Let's Make An In-Studio 2020 NFL Draft Fun

NFL Draft in a studio.
NFL Draft in a studio. / Frederick Breedon/Getty Images

The current plan is to hold the 2020 NFL Draft in a studio setting, according to Sam Farmer of the Los Angeles Times.

""The NFL is not commenting publicly about what’s in the works, but according to two individuals with knowledge of the discussions, the current plans call for some type of studio setting with cut-ins from the headquarters of the teams making the selection at a given time," Farmer wrote.""


I love and defend the NFL from the ferocious media as much as anyone, but even I don't have much faith this will be anything more than a draft without fans and a few people in a studio. A studio with high production, of course, which is important. Given the lack of sports during the COVID-19 pandemic, I expect it to be one of the highest-viewed drafts ever. With that in mind, there are some fun ideas I recommend the NFL uses in this still-to-be-determined studio:

Let us embrace AirPods: Modern technology has made the monotonous, but necessary, days of quarantining (I'm on day 10) less awful. We can now talk to and listen to anyone and anything with a little chip (yes, just one) in our ears. The NFL doesn't need players in suits and team hats to speak with snazzy-dressed reporters after getting drafted. Reporters and draftees can talk through Skype on television, with AirPods, in T-shirts in front of their bookshelves. (By the way, why does every on-air person with an in-home camera have a picture-perfect bookshelf with not a single open spot?)

If we need to see the players in hats, just remember how fast we saw Tom Brady in a Bucs uniform, via Photoshop. (And he won't even be wearing that uniform!)

I've long been convinced you don't really know a human until you read their tweets. So, axe the say all the right things interviews and instead have the players send out their thoughts on social media. Not saying all players would use the opportunity to take a shot at their haters, but we'd likely get some insight on that high school bully who once told a now-NFL player he was never going to make it past varsity benchwarmer.
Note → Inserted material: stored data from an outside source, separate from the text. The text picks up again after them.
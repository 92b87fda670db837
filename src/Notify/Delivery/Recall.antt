-- ===== src/Notify/Delivery/Recall.antt =====
-- No alert is lost by the dedup: what a suppressed or failed delivery leaves behind.
use transaction_monitoring_s.Prelude.{
  ℕ, ◌+◌, ◌*◌, ◌≤◌, ◌<◌, ◌≡◌, refl, ◌⊎◌, inl, inr, String, Bool, true, false, Option, none, some,
  arith, Bool-cases, Option-cases,
}
use transaction_monitoring_s.Notify.Ledger.{
  Claim, Key, Claims, band_rank, already_notified, already_notified_group,
}
use transaction_monitoring_s.Notify.DeadLetter.{Failed, find}
use transaction_monitoring_s.Notify.DeadLetter.Budget.{find-record_failed}
use transaction_monitoring_s.Notify.Delivery.{
  Env, Store, Alert, duplicate, failed, dispatch, effective_group, group_key, is_duplicate,
  is_collapsed, dead_letter, deliver_with_dedup, collapsed_by,
}

-- A claim that covers a band of this rank.
abbrev pub Covers : ℕ → Option Claim → Type 0
Covers r o = (c : Claim) × (o ≡ some c) × (r ≤ c.rank)

already_notified-Covers :
    (k : Key) (band : String) (m : Claims) {r : ℕ}
    → band_rank band ≡ some r
    → already_notified k band m ≡ true
    → Covers r (m k)
unfolding already_notified
already_notified-Covers k band m {r} h e = elim (Option-cases (m k)) [
  | inl absent ↦ absurd (ground arith)
  | inr (c, there) ↦ (c, there, ground arith)
]

-- A claim that covers the band and is younger than the window.
abbrev pub CoversNow : ℕ → ℕ → ℕ → Option Claim → Type 0
CoversNow now window_minutes r o =
    (c : Claim) × (o ≡ some c) × (r ≤ c.rank) × (now < c.notified_at + window_minutes * 60_000)

already_notified_group-CoversNow :
    (now : ℕ) (k : Key) (band : String) (w : ℕ) (m : Claims) {r : ℕ}
    → band_rank band ≡ some r
    → already_notified_group now k band w m ≡ true
    → CoversNow now w r (m k)
unfolding already_notified_group
already_notified_group-CoversNow now k band w m {r} h e = elim (Option-cases (m k)) [
  | inl absent ↦ absurd (ground arith)
  | inr (c, there) ↦ (c, there, ground arith, ground arith)
]

-- An open window that collapses the alert.
abbrev pub IsCollapsedBy : ℕ → ℕ → ℕ → Alert → Store → Type 0
IsCollapsedBy now window_minutes r a s =
    (g : String) × (effective_group window_minutes a ≡ some g)
    × CoversNow now window_minutes r (s.groups (group_key a.key g))

collapsed_by-IsCollapsedBy :
    (env : Env) (w : ℕ) (a : Alert) (s : Store) (o : Option String) {r : ℕ}
    → band_rank a.band ≡ some r
    → effective_group w a ≡ o
    → collapsed_by env w a s o ≡ true
    → IsCollapsedBy env.checked_at w r a s
collapsed_by-IsCollapsedBy env w a s none h o e = cc
collapsed_by-IsCollapsedBy env w a s (some g) h o e = (
  g,
  o,
  already_notified_group-CoversNow env.checked_at (group_key a.key g) a.band w s.groups h
      (ground arith),
)

-- An alert of a known band is suppressed only on evidence: a claim of its key covers the band, or,
-- with grouping on, a claim of its group covers the band and is younger than the window. The store
-- stays as it was.
pub duplicate-witness :
    (env : Env) (w : ℕ) (a : Alert) (record_failure : Bool) (s : Store) {r : ℕ}
    → band_rank a.band ≡ some r
    → (deliver_with_dedup env w a record_failure s).1 ≡ duplicate
    → (Covers r (s.alerts a.key) ⊎ IsCollapsedBy env.checked_at w r a s)
      × ((deliver_with_dedup env w a record_failure s).0 ≡ s)
unfolding deliver_with_dedup
duplicate-witness env w a record_failure s {r} h e = elim (Bool-cases (is_duplicate env a s)) [
  | inl yes' ↦ (
    inl (already_notified-Covers a.key a.band s.alerts h (unfold is_duplicate in ground arith)),
    rw yes',
  )
  | inr no' ↦ elim (Bool-cases (is_collapsed env w a s)) [
    | inl yes' ↦ (
      inr (
          collapsed_by-IsCollapsedBy env w a s (effective_group w a) h refl
            (unfold is_collapsed in yes')),
      rw (no', yes'),
    )
    | inr open' ↦ absurd (ground arith)
  ]
]

-- A delivery that no channel took leaves both ledgers as they were, so that the alert stays
-- eligible; where failures are recorded and the band is known, its key then has a dead letter at
-- least at its band.
pub failed-eligible :
    (env : Env) (w : ℕ) (a : Alert) (s : Store) {r : ℕ}
    → band_rank a.band ≡ some r
    → env.record_raises ≡ false
    → (deliver_with_dedup env w a true s).1 ≡ failed
    → ((deliver_with_dedup env w a true s).0.alerts ≡ s.alerts)
      × ((deliver_with_dedup env w a true s).0.groups ≡ s.groups)
      × ((f : Failed) × (find a.key (deliver_with_dedup env w a true s).0.failed ≡ some f)
          × (r ≤ f.rank))
unfolding deliver_with_dedup
failed-eligible env w a s h quiet e =
    let d : (is_duplicate env a s ≡ false)
        × (is_collapsed env w a s ≡ false)
        × (dispatch env.registry a.dispatches ≡ false) =
      (ground arith, ground arith, ground arith) in
    rw (d.0, d.1, d.2)
      (unfold dead_letter in
        rw quiet (
          refl,
          refl,
          find-record_failed env.recorded_at a.key a.band a.payload (effective_group w a) s.failed
              h,
        ))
Lastly, since this is going to take place in a studio, it might as well feature what studios were made for: yelling. Sure, smart, expert analysis will be in-demand during the draft. But with the hiatus of sports, the debaters will have become restless by the time this kicks off. Offensive line selections, scheme fits, and system transitions will serve as welcome debate topics to replace Jordan vs. LeBron Part (???). Just have Stephen A. Smith, Max Kellerman, Skip Bayless, Shannon Sharpe, and those in-between ready to go.